José de Jesús Olmos Colmenero.
Depto. de Ciencias Biológicas, CuAltos,
Universidad de Guadalajara.
José Manuel Palma García.
Centro de Investigación y Desarrollo Agropecuario,
Universidad de Colima.
Häubi Segura Carlos Urban.
Ciencias Agropecuarias, Universidad Autónoma de Aguascalientes.

Introducción

México ocupa el quinceavo lugar mundial en la producción de leche, donde, el Estado de Jalisco ocupa el primer lugar en la producción nacional con el 18.6%. La producción de leche en el Estado de Jalisco pasó, en 11 años de 1’712,546 (año 2003) a 2’085,859 (año 2014) miles de litros, es decir, 373,313 miles de litros más en este periodo, según informa el Servicio de Información Agroalimentaria y Pesquera. Con respecto a las unidades de producción de leche; la alimentación representa del 60 al 70% de los costos para producir un litro de leche, por esta razón, incrementar el aporte de energía neta de lactancia y de proteína a través de forrajes de calidad representa uno de los mayores retos para abaratar costos de producción. De esa información radica la importancia de minimizar la compra de insumos y/o producir estos insumos de manera local para la alimentación del ganado sin descuidar la calidad de los mismos, procurando siempre la salud animal (1).

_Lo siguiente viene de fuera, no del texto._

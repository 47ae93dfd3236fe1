-- ===== src/Server/Auth.antt =====
-- internal/server/auth.go, `Session`, `CSRF`, `createSession` and `Handle`: who a request is from, and
-- how a browser signs in and out. The hash, the MAC, base64 and the OAuth client are parameters.
pub mod Admission
use lab_gate.Prelude.{
  ℕ, suc, ◌+◌, ◌*◌, leb, ltb, Text, codes, String, List, [], ◌∷◌, ◌++◌, lower, Option, none, some,
  Bool, true, false, not, ◌&&◌, ◌||◌, ◌==◌, text_eq, nat_eq, if◌then◌else◌, first, any, Error, fail,
  Result, ok, err, ◌>>=◌,
}
use lab_gate.Config.{Config, allowed}
use lab_gate.Store.{login, logout, tx}
use lab_gate.Server.Tables.{
  Kind, web, cli, is_web, User, Login, Person, Site, remove, insert_login, insert_person, log_event,
}
use lab_gate.Server.Request.{
  Request, token, equal, Cookie, kept, deleted, Answer, status, failure, redirect, to_provider,
  signed_out, Response, plain, problem, Moment,
}
use lab_gate.Server.Binding.{bind, unbind}

abbrev pub week : ℕ
week = 604800000

module _ (hash : Text → Text) where
  -- The token of a request, or else its cookie.
  abbrev pub raw_token : {B : Type 0} → Request B → Text
  raw_token r =
      let t = token r.authorization in
      if t == [] then elim r.session_cookie [ none ↦ [] | some c ↦ c ] else t

  -- token_hash=? AND expires_at>?
  abbrev pub is_login : Text → ℕ → Login → Bool
  is_login raw now l = l.token_hash == hash raw && ltb now l.expires

  -- A token belongs to a command line, a cookie to a browser.
  abbrev pub fits_kind : Text → Kind → Bool
  fits_kind t web = t == []
  fits_kind t cli = not (t == [])

  abbrev pub admitted : Config → Text → Text → Option Login → Option (User × Text)
  admitted c t raw none = none
  admitted c t raw (some l) =
      if allowed c l.user.email && fits_kind t l.user.kind then some (l.user, raw) else none

  unfoldable pub session : {B : Type 0} → Config → Moment → Request B → Site → Option (User × Text)
  session c w r s =
      let raw = raw_token r in
      if raw == [] || w.unread
      then none
      else admitted c (token r.authorization) raw (first (is_login raw (w.clock 0)) s.logins)

  unfoldable pub csrf : {B : Type 0} → Config → Request B → Text → Kind → Bool
  csrf c r raw kind =
      if not (is_web kind) && not (token r.authorization == [])
      then true
      else r.origin == c.origin && equal r.csrf_token (hash (raw ++ codes "csrf"))

  -- LOWER(email)=?
  abbrev pub has_email : Text → Person → Bool
  has_email email p = lower p.email == email

  -- The user is written at the first sign-in.
  unfoldable pub know : User → ℕ → Text → Site → Result Site
  know u now id s =
      let known = any (has_email u.email) s.people in
      if known
      then ok s
      else insert_person (record { id = id; name = u.name; email = u.email; created = now }) s

  -- The statements of `createSession`.
  unfoldable pub open_session : Moment → User → Site → Result (Text × Site)
  unfolding know
  open_session w u s = do
    s' ←
        insert_login
          (record { token_hash = hash (w.random 0); user = u; expires = w.clock 2 + week }) s
    s'' ← know u (w.clock 1) (w.random 1) s'
    s3 ← log_event (w.random 2) u.email login [] (w.clock 1) s''
    ok (w.random 0, s3)

  unfoldable pub create_session : Moment → User → Site → Result Text × Site
  unfolding open_session
  create_session w u s = tx w.fault (open_session w u) s

  -- The row is deleted, and that it was is logged.
  unfoldable pub forget : Moment → User → Text → Site → Result (Unit {0} × Site)
  forget w u raw s =
      let was = any (λ l. l.token_hash == hash raw) s.logins in
      let s' = record s { logins = remove (λ l. l.token_hash == hash raw) s.logins } in
      if was
      then (do s'' ← log_event (w.random 0) u.email logout [] (w.clock 1) s'; ok (tt, s''))
      else ok (tt, s')

  abbrev pub over : Response
  over = record { cookies = deleted (codes "labgate_session") ∷ []; answer = signed_out }

  abbrev pub ended : Result (Unit {0}) × Site → Response × Site
  ended (ok u, s) = (over, s)
  ended (err e, s) = (plain (problem e), s)

  abbrev pub leave :
      {B : Type 0} → Config → Moment → Request B → Option (User × Text) → Site → Response × Site
  unfolding forget
  leave c w r none s = (over, s)
  leave c w r (some (u, raw)) s =
      if not (csrf c r raw u.kind)
      then (plain (status 403), s)
      else ended (tx w.fault (forget w u raw) s)

  unfoldable pub sign_out : {B : Type 0} → Config → Moment → Request B → Site → Response × Site
  sign_out c w r s =
      if not (r.method == codes "POST")
      then (plain (status 405), s)
      else leave c w r (session c w r s) s

-- What the provider's token says of a person.
pub record Claims : Type 0 where
  pub email : Text
  pub verified : Bool
  pub name : Text
  pub domain : Text

-- The OAuth client: the exchange of a code, with the identity token if there is one, the discovery of
-- the provider, and a token's nonce and claims.
pub record Provider : Type 0 where
  pub exchange : Text → Text → Option (Option Text)
  pub discovered : Bool
  pub verify : Text → Option (Text × Option Claims)

module _ (hash mac encode : Text → Text) (decode : Text → Option Text) where
  -- The state, the nonce and the verifier are the moment's random texts.
  unfoldable pub sign_in : {B : Type 0} → Moment → Request B → Response
  sign_in w r = if not (r.method == codes "GET") then plain (status 405) else record {
    cookies =
        kept (codes "labgate_oauth")
          (bind mac encode decode (w.random 0) (w.random 1) (w.random 2) (w.clock 0 + 300000)) 300
        ∷ [];
    answer = to_provider (w.random 0) (w.random 1) (w.random 2);
  }

  -- Once the cookie is taken, every answer deletes it.
  abbrev pub spent : Answer → Response
  spent a = record { cookies = deleted (codes "labgate_oauth") ∷ []; answer = a }

  abbrev pub opened : Result Text × Site → Response × Site
  opened (err e, s) = (spent (problem e), s)
  opened (ok raw, s) = (
    record {
      cookies = deleted (codes "labgate_oauth") ∷ kept (codes "labgate_session") raw 604800 ∷ [];
      answer = redirect "/";
    },
    s,
  )

  abbrev pub is_university : Config → Claims → Bool
  is_university c k = k.verified && allowed c k.email && k.domain == c.domain

  abbrev pub claimed : Config → Moment → Option Claims → Site → Response × Site
  claimed c w none s = (spent (failure 403 "A verified university Google account is required"), s)
  claimed c w (some k) s =
      if not (is_university c k)
      then (spent (failure 403 "A verified university Google account is required"), s)
      else opened
          (create_session hash w (record { email = lower k.email; name = k.name; kind = web }) s)

  abbrev pub identified :
      Config → Moment → Text → Option (Text × Option Claims) → Site → Response × Site
  identified c w nonce none s = (spent (failure 403 "Google identity could not be verified"), s)
  identified c w nonce (some (n, claims)) s =
      if not (equal n nonce)
      then (spent (failure 403 "Google identity could not be verified"), s)
      else claimed c w claims s

  abbrev pub exchanged :
      Config → Moment → Provider → Text → Option (Option Text) → Site → Response × Site
  exchanged c w p nonce none s =
      (spent (failure 502 "Google token exchange failed; retry sign-in"), s)
  exchanged c w p nonce (some none) s = (spent (status 403), s)
  exchanged c w p nonce (some (some raw)) s =
      if not p.discovered
      then (spent (failure 502 "Google identity discovery failed"), s)
      else identified c w nonce (p.verify raw) s

  abbrev pub unbound : {B : Type 0} → ℕ → Request B → Option Text → Option (Text × Text)
  unbound now r none = none
  unbound now r (some cookie) = unbind mac encode decode now cookie r.query_state

  abbrev pub returned :
      Config → Moment → Provider → Text → Option (Text × Text) → Site → Response × Site
  returned c w p code none s =
      (plain (failure 400 "Invalid or expired OAuth state; sign in again"), s)
  returned c w p code (some (nonce, verifier)) s =
      exchanged c w p nonce (p.exchange code verifier) s

  unfoldable pub callback :
      {B : Type 0} → Config → Moment → Provider → Request B → Site → Response × Site
  callback c w p r s =
      if not (r.method == codes "GET")
      then (plain (status 405), s)
      else returned c w p r.query_code (unbound (w.clock 0) r r.oauth_cookie) s

  -- `Handle`
  unfoldable pub handle_auth :
      {B : Type 0} → Config → Moment → Provider → Request B → Site → Response × Site
  handle_auth c w p r s =
      if r.path == codes "/api/auth/sign-in/google"
      then (sign_in w r, s)
      else if r.path == codes "/api/auth/callback/google"
      then callback c w p r s
      else if r.path == codes "/api/auth/sign-out"
      then sign_out hash c w r s
      else (plain (status 404), s)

Una alternativa para lograr lo anterior son los forrajes; ya que son la base de la alimentación del ganado, además, es una de las fuentes más baratas de nutrimentos y proporcionan la fibra requerida para mantener la salud de los rumiantes (2 y 3).

Dentro de los forrajes relevantes para la producción de leche se encuentra el maíz forrajero (Zea mays L.) que es proporcionado en forma de ensilado. Por su diversidad y alto rango de adaptación es posible cultivarlo en la mayor parte de México, por lo cual, es necesario evaluar el rendimiento promedio durante un periodo consecutivo de tres años bajo la modalidad de siembra para la región en donde se pretende comercializar, ya que existe un gran número de híbridos de maíz para forraje en el mercado que tienen diferencias genéticas en características agronómicas, rendimiento y calidad nutricional que son importantes y deben ser consideradas en su selección. Por otra parte, existen interacciones entre los híbridos de maíz y el medio ambiente, lo que puede originar resultados diferentes entre localidades y entre años, lo que puede representar una utilidad o pérdida de hasta $22,598 pesos por hectárea cosechada (4).

¿Por qué es importante conocer y seleccionar la semilla de maíz que voy a utilizar?

En la actualidad, dentro de los esquemas considerados para incrementar la producción y calidad de la leche está el contar con híbridos de maíz de alto valor que cuenten con características adecuadas de producción de materia verde y seca, y adecuado contenido de FDN, almidón, y altos niveles de energía, lo que se traducirá en una mayor producción de leche por hectárea de maíz cosechado. Con esto se reduce considerablemente los costos variables y el proceso de producción, obteniendo mayor rentabilidad en los establos lecheros en base en la alimentación.

La producción de forraje de maíz en muchas regiones lecheras de México y en particular en Jalisco, es de temporal, por ello, es necesario entregarle al productor el material genético idóneo para su región, quien se enfrenta a una amplia disponibilidad de materiales comerciales, sin que exista información de las características productivas de los híbridos disponibles para que optimice su utilización.

¿Qué características ideales debo buscar en un maíz forrajero?

De manera general, las características ideales de un maíz forrajero entre otros, son:

Los factores principales que afectan el rendimiento de maíz son el clima, suelo y el manejo agronómico, después de revisar y tomar en cuenta estas características, se debe seleccionar el híbrido o variedad a sembrar, ésta es la decisión más importante que debe llevar a cabo un productor, ya que influye en el resultado final de la cosecha. La selección del mejor híbrido puede representar un menor costo de producción y obtener un mayor rendimiento por hectárea, con esto se obtiene un sistema más rentable (5 y 6).

Potencial productivo lechero (PPL): una herramienta para elegir el híbrido de maíz para forraje a utilizar.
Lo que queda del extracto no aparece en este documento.